Quick Links

Re: [HACKERS] Big IN() clauses etc : feature proposal

From:	"Dawid Kuroczko" <qnex42(at)gmail(dot)com>
To:	PFC <lists(at)peufeu(dot)com>
Cc:	"Christian Kratzer" <ck(at)cksoft(dot)de>, "Tom Lane" <tgl(at)sss(dot)pgh(dot)pa(dot)us>, pgsql-performance(at)postgresql(dot)org, pgsql-hackers(at)postgresql(dot)org
Subject:	Re: [HACKERS] Big IN() clauses etc : feature proposal
Date:	2006-05-09 16:43:23
Message-ID:	758d5e7f0605090943p1bbfdae2p4cb28ba128288316@mail.gmail.com
Views:	Raw Message \| Whole Thread \| Download mbox \| Resend email
Thread:
Lists:	pgsql-hackers pgsql-performance

On 5/9/06, PFC <lists(at)peufeu(dot)com> wrote:
> > You might consider just selecting your primary key or a set of
> > primary keys to involved relations in your search query. If you
> > currently use "select *" this can make your result set very large.
> >
> > Copying all the result set to the temp. costs you additional IO
> > that you propably dont need.
>
> It is a bit of a catch : I need this information, because the purpose of
> the query is to retrieve these objects. I can first store the ids, then
> retrieve the objects, but it's one more query.
>
> > Also you might try:
> > SELECT * FROM somewhere JOIN result USING (id)
> > Instead of:
> > SELECT * FROM somewhere WHERE id IN (SELECT id FROM result)
>
> Yes you're right in this case ; however the query to retrieve the owners
> needs to eliminate duplicates, which IN() does.

Well, you can either
SELECT * FROM somewhere JOIN (SELECT id FROM result GROUP BY id) AS
a USING (id);
or even, for large number of ids:
CREATE TEMPORARY TABLE result_ids AS SELECT id FROM RESULT GROUP BY id;
SELECT * FROM somewhere JOIN result_ids USING (id);

> > On the other hand if your search query runs in 10ms it seems to be fast
> > enough for you to run it multiple times.
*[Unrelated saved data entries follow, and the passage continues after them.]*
-- ===== src/Satellite/Laser/Tracking.antt =====
-- The utilization that point-to-point-laser-net-device.cc tracks, by way of the tracker of
-- simulator/contrib/basic-sim/model/core/ptop-link-utilization-tracker.cc, whose loop is the same.
use hypatia_multicast.Base.{
  ℕ, zero, suc, ◌+◌, ◌≤◌, ◌<◌, ◌≡◌, refl, ap, sym, subst, ◌∙◌, arith, not, Bool, true, false, List,
  [], ◌∷◌, ◌++◌, map, Result, ok, err, ◌>>=◌, for_each, ltb, ◌==◌, if◌then◌else◌, assertion,
}
use hypatia_multicast.Tracking.Utilization.{
  PtopLinkUtilizationTracker, new_ptop_link_utilization_tracker, count_until, next_interval,
  close_intervals, track_utilization, track_calls,
}
use hypatia_multicast.Satellite.Laser.{
  LinkUtilization, enable_utilization_tracking, add_time, move_interval, end_intervals, track,
  finalize_link,
}
use hypatia_multicast.Tracking.Utilization.Invariant.{Tiles}
use hypatia_multicast.Tracking.Utilization.Busy.{
  link_on, Alternates, run_and_stop, new-IsTracking, IsTracking-of_agree,
}
use hypatia_multicast.Satellite.Server.{++-nil}

-- An interval as the fraction of its time that is busy.
abbrev pub fraction : ℕ → ℕ × ℕ × ℕ → ℕ × ℕ
fraction w (start, stop, busy_ns) = (busy_ns, w)

-- What a device's members are when those of the tracker are these, and the utilization `earlier` has
-- been saved before.
abbrev pub link_of : List (ℕ × ℕ) → PtopLinkUtilizationTracker → LinkUtilization
link_of earlier s = record {
  tracking_enabled = true;
  interval_ns = s.interval_ns;
  prev_time_ns = s.prev_time_ns;
  current_interval_start = s.current_interval_start;
  current_interval_end = s.current_interval_end;
  idle_time_counter_ns = s.idle_time_counter_ns;
  busy_time_counter_ns = s.busy_time_counter_ns;
  current_state_is_on = s.current_state_is_on;
  utilization = earlier ++ map (fraction s.interval_ns) s.intervals;
}

-- A result whose value is carried over.
abbrev pub then_link : List (ℕ × ℕ) → Result PtopLinkUtilizationTracker → Result LinkUtilization
then_link earlier r = r >>= λ s. ok (link_of earlier s)

map-append {ℓ κ} :
    {X : Type ℓ} {Y : Type κ} (f : X → Y) (xs : List X) (x : X)
    → map f (xs ++ x ∷ []) ≡ map f xs ++ f x ∷ []
map-append f [] x = refl
map-append f (y ∷ ys) x = ap (λ l. f y ∷ l) (map-append f ys x)

++-assoc {ℓ} : {X : Type ℓ} (xs ys zs : List X) → (xs ++ ys) ++ zs ≡ xs ++ (ys ++ zs)
++-assoc [] ys zs = refl
++-assoc (x ∷ xs) ys zs = ap (λ l. x ∷ l) (++-assoc xs ys zs)

add_time-link_of :
    (p : List (ℕ × ℕ)) (s : PtopLinkUtilizationTracker) (on : Bool) (time : ℕ)
    → add_time (link_of p s) on time ≡ link_of p (count_until s on time)
unfolding add_time count_until
add_time-link_of p s true time = refl
add_time-link_of p s false time = refl

move_interval-link_of :
    (p : List (ℕ × ℕ)) (s : PtopLinkUtilizationTracker)
    → move_interval (link_of p s) ≡ link_of p (next_interval s)
unfolding move_interval next_interval
move_interval-link_of p s =
    ap (λ l. record (move_interval (link_of p s)) { utilization = l })
      (++-assoc p (map (fraction s.interval_ns) s.intervals) _
        ∙ ap (λ l. p ++ l)
            (sym (
              map-append (fraction s.interval_ns) s.intervals
                (s.current_interval_start, s.current_interval_end, s.busy_time_counter_ns))))

-- Both loops make the same tests.
then_link-if :
    (p : List (ℕ × ℕ)) (done fits : Bool) (a b : Result PtopLinkUtilizationTracker)
    → (if done then then_link p a else if fits then then_link p b else err assertion)
      ≡ then_link p (if done then a else if fits then b else err assertion)
then_link-if p true fits a b = refl
then_link-if p false true a b = refl
then_link-if p false false a b = refl

end_intervals-link_of :
    (p : List (ℕ × ℕ)) (fuel : ℕ) (s : PtopLinkUtilizationTracker) (now : ℕ) (on : Bool)
    → end_intervals fuel (link_of p s) now on ≡ then_link p (close_intervals fuel s now on)
unfolding end_intervals close_intervals
end_intervals-link_of p zero s now on = refl
end_intervals-link_of p (suc fuel) s now on =
    let t = count_until s on s.current_interval_end in
    rw
      (
        add_time-link_of p s on s.current_interval_end,
        move_interval-link_of p t,
        end_intervals-link_of p fuel (next_interval t) now on,
      )
      (then_link-if p (ltb now s.current_interval_end)
        (t.idle_time_counter_ns + t.busy_time_counter_ns == t.interval_ns) (ok s)
        (close_intervals fuel (next_interval t) now on))

track-link_of :
    (p : List (ℕ × ℕ)) (s : PtopLinkUtilizationTracker) (now : ℕ) (on : Bool)
    → track (link_of p s) now on ≡ then_link p (track_utilization s now on)
unfolding track track_utilization
track-link_of p s now on =
    rw (end_intervals-link_of p (suc now) s now on) (finish (close_intervals (suc now) s now on))
  where
    finish :
        (r : Result PtopLinkUtilizationTracker)
        → (then_link p r >>= λ t.
            ok (record (add_time t on now) { current_state_is_on = on; prev_time_ns = now }))
          ≡ then_link p (
              r >>= λ t.
              ok (record (count_until t on now) { current_state_is_on = on; prev_time_ns = now }))
    finish (err e) = refl
    finish (ok t) =
        ap (λ (u : LinkUtilization). ok (record u { current_state_is_on = on; prev_time_ns = now }))
          (add_time-link_of p t on now)

-- The calls of `TrackUtilization` in a run.
abbrev pub track_link : LinkUtilization → List (ℕ × Bool) → Result LinkUtilization
unfolding for_each track
track_link = for_each (λ u (now_ns, on). track u now_ns on)

track_link-link_of :
    (p : List (ℕ × ℕ)) (s : PtopLinkUtilizationTracker) (calls : List (ℕ × Bool))
    → track_link (link_of p s) calls ≡ then_link p (track_calls s calls)
unfolding track_link track_calls for_each
track_link-link_of p s [] = refl
track_link-link_of p s ((now, on) ∷ calls) =
    rw (track-link_of p s now on)
      (go_on (track_utilization s now on) (λ t. track_link-link_of p t calls))
  where
    go_on :
        (r : Result PtopLinkUtilizationTracker)
        → ((t : PtopLinkUtilizationTracker)
            → track_link (link_of p t) calls ≡ then_link p (track_calls t calls))
        → (then_link p r >>= λ u. track_link u calls) ≡ then_link p (r >>= λ t. track_calls t calls)
    go_on (err e) ih = refl
    go_on (ok t) ih = ih t

enable-link_of :
    (u : LinkUtilization) (w : ℕ)
    → enable_utilization_tracking u w ≡ link_of u.utilization (new_ptop_link_utilization_tracker w)
unfolding enable_utilization_tracking new_ptop_link_utilization_tracker
enable-link_of u w =
    ap (λ l. record (enable_utilization_tracking u w) { utilization = l })
      (sym (++-nil u.utilization))

-- What a device has after it has been tracked and finalized: what it had saved before, and the
-- fractions of the intervals of w ns from 0 to `end`, each of which holds the growth of `busy`.
pub record IsFinal (before : List (ℕ × ℕ)) (busy : ℕ → ℕ) (w stop : ℕ) (v : LinkUtilization)
    : Type 0 where
  pub intervals : List (ℕ × ℕ × ℕ)
  pub end : ℕ
  pub saved : v.utilization ≡ before ++ map (fraction w) intervals
  pub tiles : Tiles busy w 0 intervals end
  pub reaches : end ≤ stop
  pub is_last : stop < end + w

-- With an interval of w > 0 ns, after `EnableUtilizationTracking` and calls of `TrackUtilization` in
-- the order of time each of which changes the state of the link (off at first), `FinalizeUtilization`
-- at a time `stop` that is not before them returns, its loops ending and its assertions holding.
-- m_utilization is then what it was before tracking was enabled, followed by the fractions of the
-- intervals of w ns from 0 on that end at `stop` or earlier, each with exactly the time for which
-- the link was on in it; a shorter interval at the end is dropped.
pub finalize_link-link_on :
    (u : LinkUtilization) (w : ℕ) (cs : List (ℕ × Bool)) (stop : ℕ)
    → 0 < w
    → Alternates false 0 cs stop
    → (v : LinkUtilization) × ((track_link (enable_utilization_tracking u w) cs >>= λ t.
          finalize_link t stop)
        ≡ ok v)
      × IsFinal u.utilization (link_on false 0 cs stop) w stop v
unfolding finalize_link new_ptop_link_utilization_tracker
finalize_link-link_on u w cs stop pos_w alt =
    let p = u.utilization in
    let (t, f, e, ef, v, at, width, end) =
      run_and_stop (λ x. 0) (new_ptop_link_utilization_tracker w) false 0 cs stop
        (new-IsTracking w pos_w) (λ x h. refl) refl refl alt in
    let v' = IsTracking-of_agree _ (link_on false 0 cs stop) f (λ x h. omega arith) v in
    let stopped : track (link_of p t) stop (not t.current_state_is_on) ≡ ok (link_of p f) =
      track-link_of p t stop (not t.current_state_is_on) ∙ ap (then_link p) ef in
    (
      link_of p f,
      rw (enable-link_of u w, track_link-link_of p (new_ptop_link_utilization_tracker w) cs, e)
          stopped,
      record {
        intervals = f.intervals;
        end = f.current_interval_start;
        saved = ap (λ k. p ++ map (fraction k) f.intervals) width;
        tiles =
            subst (λ k. Tiles (link_on false 0 cs stop) k 0 f.intervals f.current_interval_start)
              width v'.tiles;
        reaches = omega (arith, v'.begun, at);
        is_last = omega (arith, v'.ends, width, end);
      },
    )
Theres propably no point in
> > optimizing anything in such case.
>
> I don't think so :
> - 10 ms is a mean time, sometimes it can take much more time, sometimes
> it's faster.
> - Repeating the query might yield different results if records were added
> or deleted in the meantime.

You may SET TRANSACTION ISOLATION LEVEL SERIALIZABLE;
though locking might bite you. :)

> - Complex search queries have imprecise rowcount estimates ; hence the
> joins that I would add to them will get suboptimal plans.
>
> Using a temp table is really the cleanest solution now ; but it's too
> slow so I reverted to generating big IN() clauses in the application.

A thought, haven't checked it though, but...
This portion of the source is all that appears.